# Hollywood Whitewash movie Ni'ihau



## Keith Sinclair (May 23, 2017)

There will be a movie made about a true incident Zero pilot crash on island of Ni'ihau after pearl harbor attack. It is quite a story over a couple days that could make a good movie.

The Hawaiian Kanahele will be played by a white guy Zach McGowan and will be filmed in Malasia. All of the community on Ni'ihau spoke Hawaiian. This film should be in Hawaii with Hawaiian actors speaking Hawaiian with sub-titles. 

The movie Tora Tora Tora was filmed Japanese side in Japan the movie had sub titles. American side in the USA. Much more realistic. It was made 1970.

It's like white guys playing Indians in the older Westerns. Or playing Nazi's with stupid German accents in English. The flics with sub titles and real German are so much better.

The director says they are going for authenticity yeah right.


----------



## TheCaptain (May 24, 2017)

I get what you're saying, but in all honesty I'm much more interested in how good an actor is, as opposed to the color of their skin. Hamilton anyone? In addition, while I'm good with subtitles, a lot of folks aren't and you drastically limit your audience that way. 

In addition, very few people in hawaii actually speak full hawaaiian anymore so you would be limiting the pool of available "actors" to a very small group. Then the odds of getting someone to play the roles well nosedives, and IMHO the story does not get justice.

Keith - just saw from your tag that you live in Hawaii, I'm honestly curious - how often do you hear the full language spoken in a casual conversation?

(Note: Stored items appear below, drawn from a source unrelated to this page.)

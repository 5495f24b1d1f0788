-- ===== src/Retention/Household.antt =====
-- The household facts of retention.go: favorites and the latest playback of each title. A Go map
-- that is only read and written by key is a function; "" is the title of a release without one.
use torrent_tv.Prelude.{
  ◌≡◌, ◌∙◌, Time, Bool, false, not, ◌&&◌, ◌||◌, Option, none, some, List, [], ◌∷◌, max, arith, ltb,
  ◌==◌, if◌then◌else◌, null, any,
}
use torrent_tv.Prelude.Bytes.{Bytes, contains, eqb}
use torrent_tv.Retention.{Download}

pub record PlaybackState : Type 0 where
  pub release_id : Bytes
  pub watched : Bool
  pub updated_at : Time

pub record RetentionHousehold : Type 0 where
  pub favorite_titles : Bytes → Bool
  pub latest_by_title : Bytes → Option PlaybackState
  pub title_by_release : Bytes → Bytes

module _ {F : Type 0} where
  -- The releases of the managed rows, each once and without the blank one; the second argument is
  -- the map `seen`.
  unfoldable pub release_ids : List (Download F) → List Bytes → List Bytes
  unfolding eqb
  release_ids [] seen = []
  release_ids (row ∷ rows) seen =
      let fresh = row.release_id ∷ release_ids rows (row.release_id ∷ seen) in
      let rest = release_ids rows seen in
      if null row.release_id || contains seen row.release_id then rest else fresh

-- One round of the loop over the playback states.
unfoldable pub note_playback :
    (Bytes → Bytes) → (Bytes → Option PlaybackState) → PlaybackState → Bytes → Option PlaybackState
unfolding eqb
note_playback titles latest p title =
    if null (titles p.release_id) || not (eqb title (titles p.release_id))
    then latest title
    else elim (latest title) [
      | none ↦ some p
      | some q ↦ if ltb q.updated_at p.updated_at then some p else some q
    ]

unfoldable pub latest_playback :
    (Bytes → Bytes)
    → List PlaybackState
    → (Bytes → Option PlaybackState)
    → Bytes
    → Option PlaybackState
latest_playback titles [] latest = latest
latest_playback titles (p ∷ ps) latest = latest_playback titles ps (note_playback titles latest p)

-- `retentionHousehold`, from what the repository returns.
unfoldable pub retention_household :
    (Bytes → Bytes) → List Bytes → List PlaybackState → RetentionHousehold
unfolding latest_playback note_playback
retention_household titles favorites playback = record {
  favorite_titles = contains favorites;
  latest_by_title = latest_playback titles playback (λ _. none);
  title_by_release = titles;
}

pub record Facts : Type 0 where
  pub favorite : Bool
  pub watched : Bool
  pub last_played : Time

abbrev pub no_facts : Facts
no_facts = record { favorite = false; watched = false; last_played = 0 }

abbrev pub with_playback : Option PlaybackState → Facts → Facts
with_playback none f = f
with_playback (some p) f = record f {
  watched = f.watched || p.watched;
  last_played =
      if f.last_played == 0 || ltb f.last_played p.updated_at then p.updated_at else f.last_played;
}

abbrev pub watched_in : Option PlaybackState → Bool
watched_in none = false
watched_in (some p) = p.watched

abbrev pub played_in : Option PlaybackState → Time
played_in none = 0
played_in (some p) = p.updated_at

module _ {F : Type 0} (h : RetentionHousehold) where
  -- One round of the loop of `routeFacts`.
  pub add_facts : Download F → Facts → Facts
  add_facts row f =
      let title = h.title_by_release row.release_id in
      if null title
      then f
      else with_playback (h.latest_by_title title)
          (record f { favorite = f.favorite || h.favorite_titles title })

  pub route_facts_from : Facts → List (Download F) → Facts
  unfolding add_facts
  route_facts_from f [] = f
  route_facts_from f (row ∷ rows) = route_facts_from (add_facts row f) rows

  unfoldable pub route_facts : List (Download F) → Facts
  unfolding route_facts_from
  route_facts rows = route_facts_from no_facts rows

  -- The description of the facts, a row at a time.
  abbrev title_of : Download F → Bytes
  title_of row = h.title_by_release row.release_id

  abbrev pub is_favorite : Download F → Bool
  is_favorite row = not (null (title_of row)) && h.favorite_titles (title_of row)

  abbrev pub is_watched : Download F → Bool
  is_watched row = not (null (title_of row)) && watched_in (h.latest_by_title (title_of row))

  abbrev pub played_at : Download F → Time
  played_at row = if null (title_of row) then 0 else played_in (h.latest_by_title (title_of row))

  abbrev pub last_play : List (Download F) → Time
  last_play [] = 0
  last_play (row ∷ rows) = max (played_at row) (last_play rows)

  add_facts-eq :
      (row : Download F) (f : Facts)
      → add_facts row f ≡ record {
        favorite = f.favorite || is_favorite row;
        watched = f.watched || is_watched row;
        last_played = max f.last_played (played_at row);
      }
  unfolding add_facts
  add_facts-eq row f = ground arith

  route_facts_from-eq :
      (f : Facts) (rows : List (Download F))
      → route_facts_from f rows ≡ record {
        favorite = f.favorite || any is_favorite rows;
        watched = f.watched || any is_watched rows;
        last_played = max f.last_played (last_play rows);
      }
  unfolding route_facts_from
  route_facts_from-eq f [] = ground arith
  route_facts_from-eq f (row ∷ rows) =
      ground (arith, add_facts-eq row f, route_facts_from-eq (add_facts row f) rows)

  -- A route is a favorite if the title of one of its rows is, watched if the latest playback of the
  -- title of one of its rows is, and was last played at the latest of those playbacks (the zero time
  -- if there is none); rows without a title count for nothing.
  pub route_facts_lem :
      (rows : List (Download F))
      → route_facts rows ≡ record {
        favorite = any is_favorite rows;
        watched = any is_watched rows;
        last_played = last_play rows;
      }
  unfolding route_facts
  route_facts_lem rows = route_facts_from-eq no_facts rows ∙ ground arith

I've never been there but I have been to Ireland, and you seldom hear gaelic spoken there anymore.

What is more important, casting to a racial profile or casting whom you believe may be the best actor for the role?


----------



## boomchakabowwow (May 24, 2017)

you went and did it..you had me google Z mcgowan..damn it. never heard of him or his movies. 98% sure i wont watch the film, 2% chance my wife makes me.

but back on topic. hollywood has been doing it for years. and it isnt just hollywood. to this day, i still believe Jesus looks like the lead singer of Alice in Chains.


----------



## Keith Sinclair (May 24, 2017)

On the Island of Ni'ihau the community has spoken Hawaiian even to this day. It is true the language was only used in pockets across the Islands in 1941.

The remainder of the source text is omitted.